Less than 9 days before the doors open 

that doug c


----------



## Dave Meashey (Jan 2, 2008)

Thanks Doug;

It looks as though at least two or three of the layouts may be the creation of BRMNA (British Railway Modellers of North America) members. I hope they take some photos and publish them in the BRMNA Journal.

Regards,
David Meashey
BRMNA member 369


----------



## Doug C (Jan 14, 2008)

Yeah that crew tend to have a great time displaying their layout and sharing their knowledge of the hobby and the various UK flavoured items they 'model' 

If ya have a forum feel free to copy/paste my post (and yours) into a thread, with a reference link to this thread ! 

That way maybe at least one of the regional BRMNA crew might see it and respond to your wishes/ thoughts  

That said I miiight remember to mention to them when I'm wandering the show !

doug c


----------



## Doug C (Jan 14, 2008)

Dave; 

Sorry been a while, I did mention your interest to a couple of the members manning their booths. 

I think I quoted your m'# correctly but they looked at me kind ah oddly (Canadian english vs brit' ?) even though the majority are locals. 

Don't know if anything made into the prev. mentioned journal !?

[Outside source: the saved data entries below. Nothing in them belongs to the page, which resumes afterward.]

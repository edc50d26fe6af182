-- ===== src/Rm/Allocate.antt =====
-- pkg/rm/allocate.go, getPreferredAllocation of nvml_manager.go and ValidateRequest of rm.go.
-- sort.Slice is not stable and the order of a map's keys is not fixed, so both are parameters.
pub mod Distributed
pub mod Validate
use volcano_vgpu_device_plug.Prelude.{
  ℕ, zero, suc, ◌+◌, ◌-◌, Bool, true, false, not, ◌&&◌, Option, none, some, List, [], ◌∷◌, ◌++◌,
  ltb, if◌then◌else◌, ◌>>=◌, length,
}
use volcano_vgpu_device_plug.Prelude.Int.{ℤ, sub_ℕ}
use volcano_vgpu_device_plug.GoText.{Str, str_eq}
use volcano_vgpu_device_plug.Rm.AnnotatedId.{get_id, any_has_annotations}
use volcano_vgpu_device_plug.Rm.Devices.{
  Devices, subset, difference, device_ids, has, aligned_allocation_supported,
}

-- How many of the ids belong to a device.
abbrev pub count_of : Str → List Str → ℕ
count_of id [] = 0
count_of id (x ∷ xs) = if str_eq (get_id x) id then suc (count_of id xs) else count_of id xs

abbrev pub keys : Devices → List Str
keys [] = []
keys ((k, _) ∷ ds) = k ∷ keys ds

-- The available count of every device, and replicas[id].available--.
abbrev pub decrement : Str → (Str → ℕ) → Str → ℕ
decrement id available x = if str_eq id x then available x - 1 else available x

-- The difference by which candidates are compared, total - available.
abbrev pub difference_of : (Str → ℕ) → (Str → ℕ) → Str → ℤ
difference_of totals available c = sub_ℕ (totals (get_id c)) (available (get_id c))

module _ (sort : (Str → ℤ) → List Str → List Str) where
  -- The loop that takes one candidate after the other; candidates[0] of no candidates is a panic.
  unfoldable pub alloc_loop : (Str → ℕ) → ℕ → (Str → ℕ) → List Str → Option (List Str)
  alloc_loop totals zero available candidates = some []
  alloc_loop totals (suc needed) available candidates =
      elim (sort (difference_of totals available) candidates) [
        | [] ↦ none
        | c ∷ rest ↦ do
          devices ← alloc_loop totals needed (decrement (get_id c) available) rest
          some (c ∷ devices)
      ]

  -- distributedAlloc: the inner `none` is the error. A size below the number of required devices
  -- leaves nothing to add, as the loop over a negative count does.
  unfoldable pub distributed_alloc :
      (order : List Str → List Str) → Devices → List Str → List Str → ℕ → Option (Option (List Str))
  unfolding alloc_loop
  distributed_alloc order devices available required size =
      let candidates =
        order (device_ids (difference (subset devices available) (subset devices required))) in
      let needed = size - length required in
      if ltb (length candidates) needed then some none else (do
        chosen ←
            alloc_loop (λ id. count_of id (keys devices)) needed (λ id. count_of id candidates)
              candidates
        some (some (required ++ chosen)))

  -- getPreferredAllocation; `aligned` is alignedAlloc, which calls the gpuallocator library.
  unfoldable pub get_preferred_allocation :
      (order : List Str → List Str)
      → (aligned : List Str → List Str → ℕ → Option (Option (List Str))) → Devices
      → List Str
      → List Str
      → ℕ
      → Option (Option (List Str))
  unfolding distributed_alloc
  get_preferred_allocation order aligned devices available required size =
      if aligned_allocation_supported devices && not (any_has_annotations available)
      then aligned available required size
      else distributed_alloc order devices available required size

pub data SharingStrategy : Type 0 where
  sharing_none time_slicing mps : SharingStrategy

pub data Validation : Type 0 where
  valid unknown_device too_large : Validation

unfoldable pub size_allowed : SharingStrategy → Bool → Bool → ℕ → Bool
size_allowed sharing_none fail_greater includes_replicas n = true
size_allowed time_slicing fail_greater includes_replicas n =
    not (includes_replicas && ltb 1 n && fail_greater)
size_allowed mps fail_greater includes_replicas n = not (includes_replicas && ltb 1 n)

-- The loop over the ids.
unfoldable pub all_known : Devices → List Str → Bool
unfolding has
all_known ds [] = true
all_known ds (id ∷ ids) = has ds id && all_known ds ids

unfoldable pub validate_request : Devices → SharingStrategy → Bool → List Str → Validation
unfolding all_known size_allowed
validate_request ds strategy fail_greater ids =
    if all_known ds ids
    then (if size_allowed strategy fail_greater (any_has_annotations ids) (length ids)
        then valid
        else too_large)
    else unknown_device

Personally I took a couple pics of their layout including a couple others of one of the dragons from "how to teach a dragon" who was operating a portion of the layout on sunday. What ya say weeeell as Comic-Con was on the same weekend in town she mentioned that saturday was her day down at c-c and sunday was her husband's day with trains ..... obviously they support each others primary hobby/interests and since we have (i say) at times it seems more young families w/ strollers at our show than hard-core MRs she decided to provide some additional eye-candy entertainment 

Helps make our show fun vs boring same-oh, imho !

Oh send me your email addy if you want to see 2-3(?) pics of their booth. 

doug c


----------